> [The problem]
Identify, in the records below, every line where the string "ArenaBox" appears, and copy each such line.
***** Source data
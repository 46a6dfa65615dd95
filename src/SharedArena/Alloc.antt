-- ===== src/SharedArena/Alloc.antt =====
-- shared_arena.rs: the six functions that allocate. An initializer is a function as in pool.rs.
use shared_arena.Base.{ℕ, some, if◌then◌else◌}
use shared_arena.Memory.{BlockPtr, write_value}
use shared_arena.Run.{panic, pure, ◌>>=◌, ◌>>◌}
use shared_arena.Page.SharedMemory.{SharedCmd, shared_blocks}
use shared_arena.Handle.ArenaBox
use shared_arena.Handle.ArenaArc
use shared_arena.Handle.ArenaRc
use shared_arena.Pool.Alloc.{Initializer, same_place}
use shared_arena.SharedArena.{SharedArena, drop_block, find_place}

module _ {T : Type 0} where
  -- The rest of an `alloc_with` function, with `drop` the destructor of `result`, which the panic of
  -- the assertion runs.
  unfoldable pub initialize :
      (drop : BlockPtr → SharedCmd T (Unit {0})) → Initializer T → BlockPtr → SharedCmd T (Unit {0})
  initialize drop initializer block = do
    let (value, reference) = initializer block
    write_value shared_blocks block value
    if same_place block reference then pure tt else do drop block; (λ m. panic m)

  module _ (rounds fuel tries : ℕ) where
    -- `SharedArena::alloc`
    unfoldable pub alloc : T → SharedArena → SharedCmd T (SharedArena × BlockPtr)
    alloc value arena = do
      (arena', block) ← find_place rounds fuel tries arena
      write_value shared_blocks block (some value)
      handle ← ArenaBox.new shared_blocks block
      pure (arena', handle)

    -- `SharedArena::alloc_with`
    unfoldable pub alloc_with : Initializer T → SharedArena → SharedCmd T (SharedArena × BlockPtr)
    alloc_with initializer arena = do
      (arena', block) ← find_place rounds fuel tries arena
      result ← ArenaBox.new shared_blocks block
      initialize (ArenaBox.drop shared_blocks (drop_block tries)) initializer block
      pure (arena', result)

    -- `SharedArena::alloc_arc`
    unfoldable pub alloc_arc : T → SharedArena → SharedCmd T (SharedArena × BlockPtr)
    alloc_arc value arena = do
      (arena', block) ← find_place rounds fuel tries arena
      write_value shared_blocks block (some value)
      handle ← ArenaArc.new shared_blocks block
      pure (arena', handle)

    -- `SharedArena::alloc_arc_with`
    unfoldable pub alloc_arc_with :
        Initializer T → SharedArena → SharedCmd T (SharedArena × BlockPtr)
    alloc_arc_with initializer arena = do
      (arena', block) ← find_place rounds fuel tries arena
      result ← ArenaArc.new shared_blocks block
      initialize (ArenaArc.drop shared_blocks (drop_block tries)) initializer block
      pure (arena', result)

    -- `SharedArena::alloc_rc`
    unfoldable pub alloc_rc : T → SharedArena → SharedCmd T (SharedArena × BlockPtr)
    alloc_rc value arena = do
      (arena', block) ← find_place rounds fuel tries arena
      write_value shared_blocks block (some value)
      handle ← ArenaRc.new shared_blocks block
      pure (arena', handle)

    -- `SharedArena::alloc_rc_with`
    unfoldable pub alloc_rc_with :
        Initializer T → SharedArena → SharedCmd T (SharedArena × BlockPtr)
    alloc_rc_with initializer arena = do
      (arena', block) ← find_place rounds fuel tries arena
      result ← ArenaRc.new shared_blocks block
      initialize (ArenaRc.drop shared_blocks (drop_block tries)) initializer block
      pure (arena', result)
**********
> [Final answer]
use shared_arena.Handle.ArenaBox
      handle ← ArenaBox.new shared_blocks block
      result ← ArenaBox.new shared_blocks block
      initialize (ArenaBox.drop shared_blocks (drop_block tries)) initializer block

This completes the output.